[ G.R. No. L-1578. September 30, 1947 ] 79 Phil. 324
[ G.R. No. L-1578. September 30, 1947 ]
PEREGRINA REBONG, PETITIONER VS. FIDEL IBAÑEZ, JUDGE OF FIRST INSTANCE OF LAGUNA, RESPONDENT. R E S O L U T I O N
FERIA, J.:
This is a petition for certiorari against the respondent judge of the Court of First Instance of Laguna on the ground that the latter acted in excess of jurisdiction or with grave abuse of discretion in denying the petition for cancellation of the lien or annotation on the certificate of title issued to the petitioner, of a land extra-judicially inherited by him as the only heir of her predecessors in interest to the effect that the property described in the title is subject to the claims of the creditors and other heirs of the deceased Jose Rebong and Maria Rebong within two years from July 9, 1947, in accordance with sections 1 and 4, Rule 74 of the Rules of Court.
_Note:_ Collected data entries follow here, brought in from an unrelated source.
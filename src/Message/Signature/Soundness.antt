-- ===== src/Message/Signature/Soundness.antt =====
-- What a verified signature establishes, and what the policy makes of a message without one.
use mathlib.Core.Path.{subst}
use as_lib.Base.{◌∙◌, ap}
use as_lib.Base.{
  ◌≡◌, ◌≢◌, refl, true, false, Option, none, some, ◌↔◌, All, contains, string_eq, option_eq,
  if◌then◌else◌, arith,
}
use as_lib.Base.Dict.{Dict}
use as_lib.Errors
use as_lib.Errors.{error_of}
use as_lib.Platform.{Certificate}
use as_lib.Etree.{Element}
use as_lib.Outcome.{Result, ok, err, require, bind-eq-ok, receiptable}
use as_lib.Models.Signature.{Signature}
use as_lib.Models.Security.{Security}
use as_lib.Models.Soap.{Envelope}
use as_lib.Models.UserMessage.{UserMessage}
use as_lib.Models.Tokens.{BinarySecurityToken}
use as_lib.Dsig.Verify.{verify}
use as_lib.Documents.{user_message, x509_certificate}
use as_lib.Parties.{As4ParseContext}
use as_lib.Environment.{Environment}
use as_lib.Message.Coverage.{signature_coverage, verify_signature_coverage}
use as_lib.Message.Coverage.Meaning.{verify_signature_coverage-contains}
use as_lib.Message.Digests.{verify_reference_digests}
use as_lib.Message.Signature.{
  refuse_untrusted, resolve_signer, refuse_token_type, refuse_unverified, declared_hrefs,
  signing_token, verified_signer, verified_signature, get_verified_signature,
}
use as_lib.Outcome.{require-eq-some}
use as_lib.Message.Signature.Refusals.{
  digests_of, refuse_unverified-eq-ok, pair-eq-ok, refuse_untrusted-eq-ok, refuse_token_type-eq-ok,
  checks-eq-ok,
}

module _ (env : Environment) (ctx : As4ParseContext) where
  -- The signature of the message was made with the key of the signer.
  pub record SignedBy (security : Security) (envelope : Envelope) (elements : Dict Element)
      (s : Signature) (signer : Certificate) : Type 0 where
    pub um : UserMessage
    pub token : BinarySecurityToken
    pub embedded : Certificate
    pub is_signature : security.signature ≡ some s
    pub user : user_message envelope.header.messaging ≡ ok (some um)
    pub token_named : signing_token security s ≡ ok token
    pub token_read : x509_certificate env.crypto token ≡ ok embedded
    pub resolved :
        ctx.security_policy.signer_resolver um.party_info.party_from (some embedded) ≡ ok signer
    pub verified : verify env.crypto env.xml.c14n s signer ≡ ok tt
    pub covered :
        All
          (λ k. contains (signature_coverage s elements (declared_hrefs um)) k ≡ true)
          ctx.security_policy.required_coverage
    pub digests :
        ctx.security_policy.verify_digests ≡ true → verify_reference_digests env s elements ≡ ok tt

  -- What `verified_signer` has checked when it gives a certificate.
  record SignerChecks (security : Security) (s : Signature) (um : UserMessage)
      (elements : Dict Element) (token : BinarySecurityToken) (signer : Certificate) : Type 0 where
    embedded : Certificate
    read : x509_certificate env.crypto token ≡ ok embedded
    found : ctx.security_policy.signer_resolver um.party_info.party_from (some embedded) ≡ ok signer
    checked : refuse_unverified (verify env.crypto env.xml.c14n s signer) ≡ ok tt
    coverage :
        verify_signature_coverage s elements
          (declared_hrefs um)
          ctx.security_policy.required_coverage
        ≡ ok tt
    references :
        (if ctx.security_policy.verify_digests
          then verify_reference_digests env s elements
          else ok tt)
        ≡ ok tt

  verified_signer-eq-ok :
      (security : Security) (s : Signature) (um : UserMessage) (elements : Dict Element)
      (token : BinarySecurityToken) (signer : Certificate)
      → verified_signer env ctx security s um elements token ≡ ok signer
      → SignerChecks security s um elements token signer
  unfolding verified_signer resolve_signer
  verified_signer-eq-ok security s um elements token signer h =
      let (embedded, is_read, h1) =
        bind-eq-ok (refuse_token_type (x509_certificate env.crypto token)) _ h in
      let (d, is_found, h2) =
        bind-eq-ok
          (refuse_untrusted
            (ctx.security_policy.signer_resolver um.party_info.party_from (some embedded)))
          _ h1 in
      let (v, w, x, same) = checks-eq-ok _ _ _ d signer h2 in
      record {
        embedded = embedded;
        read = refuse_token_type-eq-ok _ _ is_read;
        found = refuse_untrusted-eq-ok _ _ (is_found ∙ ap ok same);
        checked =
            subst (λ c. refuse_unverified (verify env.crypto env.xml.c14n s c) ≡ ok tt) same v;
        coverage = w;
        references = x;
      }

  signed_by :
      (security : Security) (envelope : Envelope) (elements : Dict Element) (s : Signature)
      (signer : Certificate) (um : UserMessage) (token : BinarySecurityToken)
      → security.signature ≡ some s
      → signing_token security s ≡ ok token
      → user_message envelope.header.messaging ≡ ok (some um)
      → SignerChecks security s um elements token signer
      → SignedBy security envelope elements s signer
  signed_by security envelope elements s signer um token is named user c = record {
    um = um;
    token = token;
    embedded = c.embedded;
    is_signature = is;
    user = user;
    token_named = named;
    token_read = c.read;
    resolved = c.found;
    verified = refuse_unverified-eq-ok _ c.checked;
    covered =
        (verify_signature_coverage-contains s elements (declared_hrefs um)
            ctx.security_policy.required_coverage).0
          c.coverage;
    digests = digests_of _ _ c.references;
  }

  verified_signature-eq-ok :
      (security : Security) (envelope : Envelope) (elements : Dict Element) (s t : Signature)
      (signer : Certificate)
      → security.signature ≡ some s
      → verified_signature env ctx security envelope elements s ≡ ok (some t, some signer)
      → SignedBy security envelope elements t signer
  unfolding verified_signature
  verified_signature-eq-ok security envelope elements s t signer is h =
      let (token, named, h1) = bind-eq-ok (signing_token security s) _ h in
      let (found, user, h2) = bind-eq-ok (user_message envelope.header.messaging) _ h1 in
      let (um, is_um, h3) = bind-eq-ok (require found _) _ h2 in
      let (c, by, h4) = bind-eq-ok (verified_signer env ctx security s um elements token) _ h3 in
      let (same, by_signer) = pair-eq-ok s t c signer h4 in
      subst (λ u. SignedBy security envelope elements u signer) same
        (signed_by security envelope elements s signer um token is named
          (user ∙ ap ok (require-eq-some found _ is_um))
          (verified_signer-eq-ok security s um elements token signer (by ∙ ap ok by_signer)))

  of_signature :
      (security : Security) (envelope : Envelope) (elements : Dict Element) (s : Signature)
      (signer : Certificate) (o : Option Signature)
      → security.signature ≡ o
      → ◌≡◌ {A = Result (Option Signature × Option Certificate)}
          (elim o [
            | none ↦
                if ctx.security_policy.sign_required
                then err (receiptable (error_of Errors.signature_required ""))
                else ok (none, none)
            | some t ↦ verified_signature env ctx security envelope elements t
          ])
          (ok (some s, some signer))
      → SignedBy security envelope elements s signer
  of_signature security envelope elements s signer none is h = ground arith
  of_signature security envelope elements s signer (some t) is h =
      verified_signature-eq-ok security envelope elements t s signer is h

  -- When the signature of a message is accepted as that of a signer, then the header names one of
  -- its tokens, the policy's resolver gave the signer for the sending party and the certificate
  -- of that token, the signature verifies under the signer's key, it covers every part of the
  -- message that the policy requires, and, where the policy asks for it, the digests of the
  -- references match.
  pub get_verified_signature-SignedBy :
      (security : Security) (envelope : Envelope) (elements : Dict Element) (s : Signature)
      (signer : Certificate)
      → get_verified_signature env ctx security envelope elements ≡ ok (some s, some signer)
      → SignedBy security envelope elements s signer
  unfolding get_verified_signature
  get_verified_signature-SignedBy security envelope elements s signer h =
      of_signature security envelope elements s signer security.signature refl h

  verified_signature_signed :
      (security : Security) (envelope : Envelope) (elements : Dict Element) (s : Signature)
      → verified_signature env ctx security envelope elements s ≢ ok (none, none)
  unfolding verified_signature
  verified_signature_signed security envelope elements s h =
      let (token, named, h1) = bind-eq-ok (signing_token security s) _ h in
      let (found, user, h2) = bind-eq-ok (user_message envelope.header.messaging) _ h1 in
      let (um, is_um, h3) = bind-eq-ok (require found _) _ h2 in
      let (c, by, h4) = bind-eq-ok (verified_signer env ctx security s um elements token) _ h3 in
      ground arith

  unsigned_of :
      (security : Security) (envelope : Envelope) (elements : Dict Element) (o : Option Signature)
      → ◌≡◌ {A = Result (Option Signature × Option Certificate)}
          (elim o [
            | none ↦
                if ctx.security_policy.sign_required
                then err (receiptable (error_of Errors.signature_required ""))
                else ok (none, none)
            | some t ↦ verified_signature env ctx security envelope elements t
          ])
          (ok (none, none))
        ↔ (o ≡ none) × (ctx.security_policy.sign_required ≡ false)
  unsigned_of security envelope elements none = ground arith
  unsigned_of security envelope elements (some t) =
      ground (arith, verified_signature_signed security envelope elements t)

  -- A message is accepted without a signer exactly when it carries no signature and the policy
  -- does not require one.
  pub get_verified_signature_unsigned :
      (security : Security) (envelope : Envelope) (elements : Dict Element)
      → get_verified_signature env ctx security envelope elements ≡ ok (none, none)
        ↔ (security.signature ≡ none) × (ctx.security_policy.sign_required ≡ false)
  unfolding get_verified_signature
  get_verified_signature_unsigned security envelope elements =
      unsigned_of security envelope elements security.signature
The petitioner based her petition on section 112 of Act No. 496 and offered to file a bond of P5,000, the estimated value of the above mentioned property to answer for such contingent claims.
The pertinent part of said section 112 of Act No. 496 provides:
SEC. 112. * * * Any registered owner or other person in interest may at any time apply by petition to the court, upon the ground that registered interests of any description, whether vested, contingent, expectant, or inchoate, have terminated and ceased; or that new interests have arisen or been created which do not appear upon the certificate; * * * and the court shall have jurisdiction to hear and determine the petition after notice to all parties in interest, and may order the entry of a new certificate, the entry or cancellation of a memorandum upon a certificate or grant any other relief upon such terms and conditions, requiring security if necessary, as it may deem proper; * * *."
According to the above quoted provisions, the court “may order the entry of a new certificate, the entry or cancellation of a memorandum upon a certificate or grant any other relief upon such terms and conditions, requiring security if necessary,” upon application of a registered owner on “the ground that registered interests of any description, whether vested, contingent, expectant, or inchoate, have terminated and ceased, or that new interests have arisen or been created which do not appear upon the certificate.” Applying these provisions to the present case, it is evident that, since the registered or annotated contingent interest of the creditors or other heirs of the petitioner’s predecessors in interest, established by section 4 of Rule 74, has not yet terminated or ceased, for the period of two years from July 9, 1947, have not yet elapsed, the respondent judge had no jurisdiction or power to order the cancellation of said lien or annotation as prayed by the petitioner. Neither section 4, Rule 74, of the Rules of Court, nor section 112 of Act No. 496 authorizes the substitution of a bond for a lien or registered interest of any description, whether vested, expedient, inchoate or contingent, which have not yet terminated or ceased.
In view of the foregoing, it is plain that the respondent judge has not acted in excess of jurisdiction nor with grave abuse of discretion, but in conformity with the law, in denying the petitioner’s petition, and the petition for certiorari is therefore denied.
Moran, C.J., Paras, Pablo, Hilado, Briones, Padilla, and Tuason, JJ., concur.